Support The Moscow Times!

City Starts Razing Cherkizovsky

Workers tearing down Cherkizovsky Market, once Europe?€™s biggest market, in northeastern Moscow on Tuesday. Igor Tabakov
City authorities on Tuesday began demolishing the sprawling Cherkizovsky Market, which was closed in June over sanitary and safety violations amid a broader crackdown on smuggling.

The once-bustling, 300-hectare bazaar was deserted except for several photographers and reporters, a few guards and several migrants helping clean out the market, who said they were not former vendors.

Earlier this summer, the complex in eastern Moscow employed tens of thousands of migrants, but only a few dozen were there Tuesday. Some managed to find jobs elsewhere in the city, but many have left for home amid signs that City Hall wants them gone.

Dozens of illegal migrants were deported following the closure and many others were left in dire financial straits.

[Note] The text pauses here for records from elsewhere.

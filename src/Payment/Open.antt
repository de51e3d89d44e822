-- ===== src/Payment/Open.antt =====
-- open-payment-session.use-case.ts of .../payment/application/use-cases: its two transactions and
-- what it concludes from the current attempt.
use jcool_ecommerce_backend.Base.{
  ℕ, Bool, true, false, not, ◌||◌, ◌&&◌, Option, none, some, Text, text_eq, to_upper, ℤ, eq_ℤ,
  if◌then◌else◌, ◌+◌, ◌*◌, ltb,
}
use jcool_ecommerce_backend.Payment.Status.{PaymentStatus, status_eq}
use jcool_ecommerce_backend.Payment.Fence.{PaymentOrderStatus, OpenDecision, decide_open_session}
use jcool_ecommerce_backend.Payment.Authorization.{Header, HeldCharge}
use jcool_ecommerce_backend.Payment.Entity.{Payment, Result, ok, err, PaymentError}
use jcool_ecommerce_backend.Payment.Entity
use jcool_ecommerce_backend.Payment.Store.{
  Tx, pure, lift, ◌>>=◌, ◌>>◌, insert_open, find_for_update, find_active_by_order_id_for_update,
  same_id, create_payment, update_status,
}
use jcool_ecommerce_backend.Payment.Gateway.{SessionAuthorization, SessionStatus}
use jcool_ecommerce_backend.Payment.Record.{held_charge}

-- `minLeadMs`, and the early return of `execute` for a session that would close too soon.
unfoldable pub is_too_close : ℕ → ℕ → ℕ → ℕ → Bool
is_too_close min_ttl_sec margin_sec expires_at now =
    ltb expires_at (now + (min_ttl_sec + margin_sec) * 1000)

abbrev same_charge : Header → ℤ → Text → Bool
same_charge header amount_minor currency =
    elim header.amount_minor [ none ↦ false | some locked ↦ eq_ℤ locked amount_minor ]
    && elim header.currency [ none ↦ false | some locked ↦ text_eq (to_upper locked) currency ]

abbrev is_closed : OpenDecision → Bool
is_closed OpenDecision.closed = true
is_closed OpenDecision.may_open = false

-- The first transaction: `none` answers CLOSED; else the active attempt, if there is one. The caller
-- has put the currency in upper case.
unfoldable pub claim : Text → ℤ → Text → Tx (Option (Option Payment))
unfolding insert_open decide_open_session
claim order_id amount_minor currency = do
  insert_open order_id amount_minor currency
  found ← find_for_update order_id
  elim found [
    | none ↦ pure none
    | some header ↦
        if is_closed (decide_open_session (some header.status))
          || not (same_charge header amount_minor currency)
        then pure none
        else (do active ← find_active_by_order_id_for_update order_id; pure (some active))
  ]

-- `Probe`: what the current attempt leaves to do. `record_first` also answers CLOSED, once the hold
-- that the provider reports was recorded.
pub data Probe : Type 0 where
  retire : Option Payment → Probe
  reuse : Payment → Option Text → Probe
  answer_closed : Probe
  record_first : Payment → HeldCharge → Probe

abbrev completed_probe : Payment → Option HeldCharge → Probe
completed_probe active none = Probe.answer_closed
completed_probe active (some hold) = Probe.record_first active hold

-- `probe`, from the provider's answer for the attempt's session.
unfoldable pub probe : (Text → SessionAuthorization) → Option Payment → Probe
unfolding held_charge status_eq
probe retrieve_authorization none = Probe.retire none
probe retrieve_authorization (some active) =
    let authorization = retrieve_authorization active.provider_session_id in
    if not (status_eq active.status PaymentStatus.pending)
    then Probe.answer_closed
    else elim authorization.session_status [
      | SessionStatus.open_session ↦ Probe.reuse active authorization.redirect_url
      | SessionStatus.expired ↦ Probe.retire (some active)
      | SessionStatus.complete ↦ completed_probe active (held_charge authorization)
      | SessionStatus.unknown ↦ Probe.answer_closed
    ]

abbrev is_opened : PaymentOrderStatus → Bool
is_opened PaymentOrderStatus.opened = true
is_opened _ = false

unfoldable pub insert_payment : Text → ℤ → Text → Text → Text → ℕ → Tx (Option Payment)
unfolding Entity.create create_payment
insert_payment order_id amount_minor currency provider provider_session_id payment_id = do
  payment ← lift (Entity.create order_id provider provider_session_id amount_minor currency none)
  created ← create_payment payment payment_id
  pure (some created)

abbrev id_of : Option Payment → Option ℕ
id_of none = none
id_of (some p) = p.id

abbrev is_same_attempt : Payment → Option Payment → Bool
is_same_attempt active none = false
is_same_attempt active (some retiring) = same_id active.id retiring.id

-- The second transaction, `insertIfStillOpen`. The caller answers `none` where it throws
-- `duplicate_active_payment`, with nothing written.
unfoldable pub insert_if_still_open :
    Text → ℤ → Text → Text → Text → ℕ → Option Payment → Tx (Option Payment)
unfolding insert_payment update_status
insert_if_still_open order_id amount_minor currency provider provider_session_id payment_id
      retiring =
    do
      header ← find_for_update order_id
      elim header [
        | none ↦ pure none
        | some header ↦ if not (is_opened header.status) then pure none else (do
          found ← find_active_by_order_id_for_update order_id
          elim found [
            | none ↦
                insert_payment order_id amount_minor currency provider provider_session_id
                  payment_id
            | some active ↦ if not (is_same_attempt active retiring) then pure none else (do
              retired ←
                  update_status active.id PaymentStatus.expired none (some PaymentStatus.pending)
              elim retired [
                | none ↦ pure none
                | some _ ↦
                    insert_payment order_id amount_minor currency provider provider_session_id
                      payment_id
              ])
          ])
      ]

The city has promised to help find new trading space for Russians who had been selling domestically made goods, but Mayor Yury Luzhkov said in July that helping accommodate “our friends from China is not our job.”

Several migrants hung onto a fence surrounding the market and silently watched a crane lifting an empty pavilion onto a truck. They said they came to see the market one last time.

Denis Saakyan, 38, and Artur Sarkisyan, 32, said they were going home to Armenia after working at the market for nine years because they didn’t hope to find another job in Moscow.

Saakyan said renting space at other Moscow markets was too expensive. He lambasted authorities for closing down the market amid a crisis. “They closed all of our options,” he said.

Windows of many kiosks showed merchandise — boxes of cigarettes, cookies and candy — scattered on floors. A man in sunglasses and a baseball cap sat on a chair, waving a large Russian flag, not far from one of the market’s open gates.

Asked whether he was guarding the kiosks from looters, he nodded. He refused to say anything about himself.

The city plans to build a fourth ring road, sports facilities, trade centers and office buildings through the market, a spokesman for the Eastern Administrative District said on customary condition of anonymity. He said there were some 15,500 kiosks to dismantle.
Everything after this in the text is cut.